Items from a data source:
○ ○ ○ ○ ○ ○ ○

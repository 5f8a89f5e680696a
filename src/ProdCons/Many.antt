-- ===== src/ProdCons/Many.antt =====
-- many_prod_many_cons.c: any number of producer and consumer threads over one circular buffer.
-- A thread moves by one access to shared memory or one call on a semaphore at a time.
pub mod Run
pub mod Invariant
pub mod Safety
mod Tests
use c_teaching.Prelude.{ℕ, ◌+◌, ◌-◌, ◌%◌, ◌<◌, get_or, set, replicate, ◌==◌, Bool, false, List}
use c_teaching.Prelude.Int.{ℤ, pos, add_int}
use c_teaching.ProdCons.Transaction.{perform_random_transaction}

abbrev pub buffer_size : ℕ
buffer_size = 128

-- The globals of the program. A semaphore is its value.
pub record Shared : Type 0 where
  pub transactions : List ℤ
  pub fill_count : ℕ
  pub empty_count : ℕ
  pub read_mutex : ℕ
  pub write_mutex : ℕ
  pub read_index : ℕ
  pub write_index : ℕ
  pub deposit : ℤ

-- What main() leaves in them before it creates the threads.
abbrev pub init_shared : Shared
init_shared = record {
  transactions = replicate buffer_size (pos 0);
  fill_count = 0;
  empty_count = buffer_size;
  read_mutex = 1;
  write_mutex = 1;
  read_index = 0;
  write_index = 0;
  deposit = pos 0;
}

-- Where a producer stands, with the locals that are live there.
pub data Producer : Type 0 where
  producing : Producer
  wait_empty : (v : ℤ) → Producer
  wait_write : (v : ℤ) → Producer
  storing : (v : ℤ) → Producer
  loading_write : Producer
  storing_write : (w : ℕ) → Producer
  post_write : Producer
  post_fill : Producer

-- Where a consumer stands.
pub data Consumer : Type 0 where
  wait_fill : Consumer
  wait_read : Consumer
  taking : Consumer
  adding : (v : ℤ) → Consumer
  storing_deposit : (v d : ℤ) → Consumer
  loading_read : Consumer
  storing_read : (r : ℕ) → Consumer
  post_read : Consumer
  post_empty : Consumer

-- What a move does to the buffer, for the record of a run.
pub data Event : Type 0 where
  silent : Event
  wrote : ℤ → Event
  took : ℤ → Event

-- performTransactions: one round of the `while (1)` is a way from `producing` back to it.
pub data ProducerMove (m : Shared) : Producer → Event → Shared → Producer → Type 0 where
  produce : (r : ℕ) → ProducerMove m producing silent m (wait_empty (perform_random_transaction r))
  got_empty :
      {v : ℤ}
      → 0 < m.empty_count
      → ProducerMove m
          (wait_empty v)
          silent
          (record m { empty_count = m.empty_count - 1 })
          (wait_write v)
  got_write :
      {v : ℤ}
      → 0 < m.write_mutex
      → ProducerMove m
          (wait_write v)
          silent
          (record m { write_mutex = m.write_mutex - 1 })
          (storing v)
  store :
      {v : ℤ}
      → ProducerMove m
          (storing v)
          (wrote v)
          (record m { transactions = set m.transactions m.write_index v })
          loading_write
  load_write : ProducerMove m loading_write silent m (storing_write m.write_index)
  store_write :
      {w : ℕ}
      → ProducerMove m
          (storing_write w)
          silent
          (record m { write_index = (w + 1) % buffer_size })
          post_write
  put_write :
      ProducerMove m post_write silent (record m { write_mutex = m.write_mutex + 1 }) post_fill
  put_fill : ProducerMove m post_fill silent (record m { fill_count = m.fill_count + 1 }) producing

-- processTransactions; the balance message reads and changes nothing else.
pub data ConsumerMove (m : Shared) : Consumer → Event → Shared → Consumer → Type 0 where
  got_fill :
      0 < m.fill_count
      → ConsumerMove m wait_fill silent (record m { fill_count = m.fill_count - 1 }) wait_read
  got_read :
      0 < m.read_mutex
      → ConsumerMove m wait_read silent (record m { read_mutex = m.read_mutex - 1 }) taking
  take_item :
      ConsumerMove m taking
        (took (get_or m.transactions m.read_index (pos 0)))
        m
        (adding (get_or m.transactions m.read_index (pos 0)))
  load_deposit : {v : ℤ} → ConsumerMove m (adding v) silent m (storing_deposit v m.deposit)
  store_deposit :
      {v d : ℤ}
      → ConsumerMove m
          (storing_deposit v d)
          silent
          (record m { deposit = add_int d v })
          loading_read
  load_read : ConsumerMove m loading_read silent m (storing_read m.read_index)
  store_read :
      {r : ℕ}
      → ConsumerMove m
          (storing_read r)
          silent
          (record m { read_index = (r + 1) % buffer_size })
          post_read
  put_read : ConsumerMove m post_read silent (record m { read_mutex = m.read_mutex + 1 }) post_empty
  put_empty :
      ConsumerMove m post_empty silent (record m { empty_count = m.empty_count + 1 }) wait_fill

-- The process: what its threads share, where each stands, and whether exit() has ended it.
pub record System : Type 0 where
  pub mem : Shared
  pub producers : ℕ → Producer
  pub consumers : ℕ → Consumer
  pub exited : Bool

abbrev pub init : System
init = record {
  mem = init_shared;
  producers = λ _. producing;
  consumers = λ _. wait_fill;
  exited = false;
}

-- The consumer prints the balance when the index that it has just stored passes this test.
pub prints_balance : ℕ → Bool
prints_balance read_index = read_index % 10 == 0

○ ○ ○ ○ ○ ○ ○

■ Exercise instructions ■
The required output is every line above from the one with "ConsumerMove m wait_fill" down to the one with "(took (get_or m.transactions", restated word for word, ends included.

■ Answer section ■
      → ConsumerMove m wait_fill silent (record m { fill_count = m.fill_count - 1 }) wait_read
  got_read :
      0 < m.read_mutex
      → ConsumerMove m wait_read silent (record m { read_mutex = m.read_mutex - 1 }) taking
  take_item :
      ConsumerMove m taking
        (took (get_or m.transactions m.read_index (pos 0)))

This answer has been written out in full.